GARDINER –"I have to force a primary," says Andi Weiss Bartczak. "Because, sad to say, I have been shut out entirely by the Democratic establishment. What we have there, the establishment, is about 200 people who decide for the rest of us who we get to vote for. There are actually two million registered Democratic voters. But we have no say in things."
Andi Weiss Bartczak was born in New York City, but grew up in Nassau County on Long Island. She attended Syracuse University and obtained her degree in chemistry. She served in the Peace Corps in Guyana. After living elsewhere in the US, she moved back to New York State in 1997 and to Gardiner in 2003.
Weiss Bartczak is raising a rebel standard in what has been an otherwise open and shut campaign, a virtual coronation for Andrew Cuomo.
"I went to the Democratic Rural Conference, up in Niagara Falls, at the beginning of May, but they wouldn't let me speak. That's how it works."
Weiss Bartczak sees a danger in this closed-door establishment procedure.
"This is a year when voters are rising up and sending messages, as they did in the Massachusetts Senatorial race. If Cuomo is untested in the Democratic primary, by a candidate like myself, an outsider, then possibly the voters will respond to a Republican, who will seem an outsider. Cuomo is an obvious insider and voters may want to send a message to Albany this year by defeating an insider."
Weiss Bartczak's big issue is property taxes.
"Our tax system has been distorted by decades of cutting taxes for the wealthy and leaving the burden for the rest of us. County property taxes represent money that we could spend on local business. I propose that we shift the burden of education away from property owners and move it to state income and business taxes."
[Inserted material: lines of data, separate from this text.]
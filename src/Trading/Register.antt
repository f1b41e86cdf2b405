-- ===== src/Trading/Register.antt =====
-- The handlers of Trading.cpp that change what is offered: tradeRegisterItem, tradeUnregisterItem
-- and tradeRegisterCash.
use open_fusion.Common.{
  ℕ, Bool, false, ◌&&◌, ◌||◌, not, Option, none, some, List, [], ◌∷◌, if◌then◌else◌, get_elem?,
}
use open_fusion.Common.Int.{wrap32, ℤ, pos, ◌+ℤ◌, ◌-ℤ◌, ltb_ℤ, eqb_ℤ}
use open_fusion.Player.{TradeItem, Player, taros_in_trade, set_capped}
use open_fusion.Protocol.Cipher.{◌>>=◌}
use open_fusion.Trading.Exchange.{ainven_count, elem_at, set_at}
use open_fusion.Trading.World.{
  Ids, World, modify, other_of, send, item_register_succ, item_unregister_succ, cash_register_succ,
}
use open_fusion.Trading.Handlers.{Reaction, no_offer, set_confirm}

-- iInvenNum and iSlotNum against the sizes of the arrays.
abbrev pub is_inven_num : ℤ → Bool
is_inven_num n = not (ltb_ℤ n (pos 0) || not (ltb_ℤ n (pos ainven_count)))

abbrev pub is_slot_num : ℤ → Bool
is_slot_num n = not (ltb_ℤ n (pos 0) || ltb_ℤ (pos 4) n)

-- The amount that the slots offer from a place of the inventory; each sum is an `int`.
pub count_offered : ℤ → ℤ → List TradeItem → ℤ
count_offered inven_num count [] = count
count_offered inven_num count (o ∷ trade) =
    count_offered inven_num (if eqb_ℤ o.inven_num inven_num then wrap32 (count +ℤ o.opt) else count)
      trade

-- resp.InvenItem: an offer, with what is left in its place of the inventory.
abbrev pub inven_item : Player → TradeItem → Option TradeItem
inven_item plr item = do
  there ← elem_at plr.inven item.inven_num
  some (record item { opt = wrap32 (there.opt -ℤ count_offered item.inven_num (pos 0) plr.trade) })

abbrev pub put_offer : ℤ → TradeItem → Player → Player
put_offer slot item p = record p { trade = set_at p.trade slot item; is_trade_confirm = false }

-- The part of tradeRegisterItem behind the checks.
unfoldable pub registered : World → ℕ → ℕ → Ids → TradeItem → Reaction
registered w sock other ids item = do
  let w' = modify (modify w sock (put_offer item.slot_num item)) other (set_confirm false)
  plr ← get_elem? w' sock
  shown ← inven_item plr item
  some (
    w',
    send sock (item_register_succ ids item shown)
        ∷ send other (item_register_succ ids item shown)
        ∷ [],
  )

-- The part of tradeUnregisterItem behind the checks.
unfoldable pub unregistered : World → ℕ → ℕ → Ids → TradeItem → Reaction
unregistered w sock other ids item = do
  old_plr ← get_elem? w sock
  old ← elem_at old_plr.trade item.slot_num
  let w' = modify (modify w sock (put_offer item.slot_num no_offer)) other (set_confirm false)
  plr ← get_elem? w' sock
  shown ← inven_item plr old
  some (
    w',
    send sock (item_unregister_succ ids item shown)
        ∷ send other (item_unregister_succ ids item shown)
        ∷ [],
  )

-- Both players must be trading.
abbrev pub if_trading : World → ℕ → ℕ → Reaction → Reaction
if_trading w sock other then_ = do
  plr ← get_elem? w sock
  plr2 ← get_elem? w other
  if plr.is_trading && plr2.is_trading then then_ else some (w, [])

-- tradeRegisterItem
unfoldable pub trade_register_item : World → ℕ → Ids → TradeItem → Reaction
unfolding registered
trade_register_item w sock ids item =
    if not (is_inven_num item.inven_num) || not (is_slot_num item.slot_num)
    then some (w, [])
    else elim (other_of w ids) [
      | none ↦ some (w, [])
      | some other ↦ if_trading w sock other (registered w sock other ids item)
    ]

-- tradeUnregisterItem
unfoldable pub trade_unregister_item : World → ℕ → Ids → TradeItem → Reaction
unfolding unregistered
trade_unregister_item w sock ids item =
    if not (is_slot_num item.slot_num) then some (w, []) else elim (other_of w ids) [
      | none ↦ some (w, [])
      | some other ↦ if_trading w sock other (unregistered w sock other ids item)
    ]

abbrev cash_change : World → ℕ → ℕ → ℤ → World
cash_change w sock other candy =
    modify (modify w other (set_confirm false)) sock
      (λ p. set_confirm false (set_capped p taros_in_trade candy))

unfoldable pub register_cash : World → ℕ → Ids → ℤ → Reaction
register_cash w sock ids candy = elim (other_of w ids) [
  | none ↦ some (w, [])
  | some other ↦ some (
    cash_change w sock other candy,
    send sock (cash_register_succ ids candy) ∷ send other (cash_register_succ ids candy) ∷ [],
  )
]

-- tradeRegisterCash. It does not ask whether the players trade.
unfoldable pub trade_register_cash : World → ℕ → Ids → ℤ → Reaction
unfolding register_cash
trade_register_cash w sock ids candy = do
  plr ← get_elem? w sock
  if ltb_ℤ candy (pos 0) || ltb_ℤ plr.money candy
      then some (w, [])
      else register_cash w sock ids candy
Weiss Bartczak anticipates the complaint from business on that score.
"For business this would be a benefit. In tough years, when profits are down, so would business taxes be down. As it is, property taxes don't go down."
Turning to the enormous state budget gap, she says, "What Albany is doing is squeezing the 95 percent of us who are not wealthy. They are cutting school budgets, social programs, things like domestic violence prevention, and leaving the wealthy untouched. I'm saying that the wealthy have done very well for decades and now they need to give up a little of their wealth to get the state out of this mess.
"What we need is a Governor who will go to the legislature and say that the rich need to give back some of their gains."
Turning to Wall Street, for so long the state's biggest single source of tax money, Bartczak says, "I would go to Wall Street and say you are responsible for much of this mess. You've got to help clean it up. But more than that I think we've got to diversify our tax base. We need to move away from dependence on Wall Street. I think we need to turn our focus away from big companies in general, and look to smaller businesses. Those are the innovators, the businesses creating jobs, and more than that, they're the businesses that don't go somewhere else."
Another aspect of business today that Bartczak addresses is the need for "living wages."
"If a business does not pay workers enough to live on, then we taxpayers pay for the workers, with food stamps and health insurance for poor children. Also, when parents are working two or three jobs, their children are unsupervised and can get into trouble, and that costs us, too, in police time and everything else."
More of Bartczak's positions and ideas can be found at none-of-the-above13.com.
"Democratic voters have had no say in any of the selection process so far. That has been completely dominated by Cuomo's $20 million war chest. The establishment just worships that figure.
"I have to collect 30,000 signatures and then I can force a primary. From June 8, I'll have six weeks to get it done, and I'm hoping local people will come out and help me."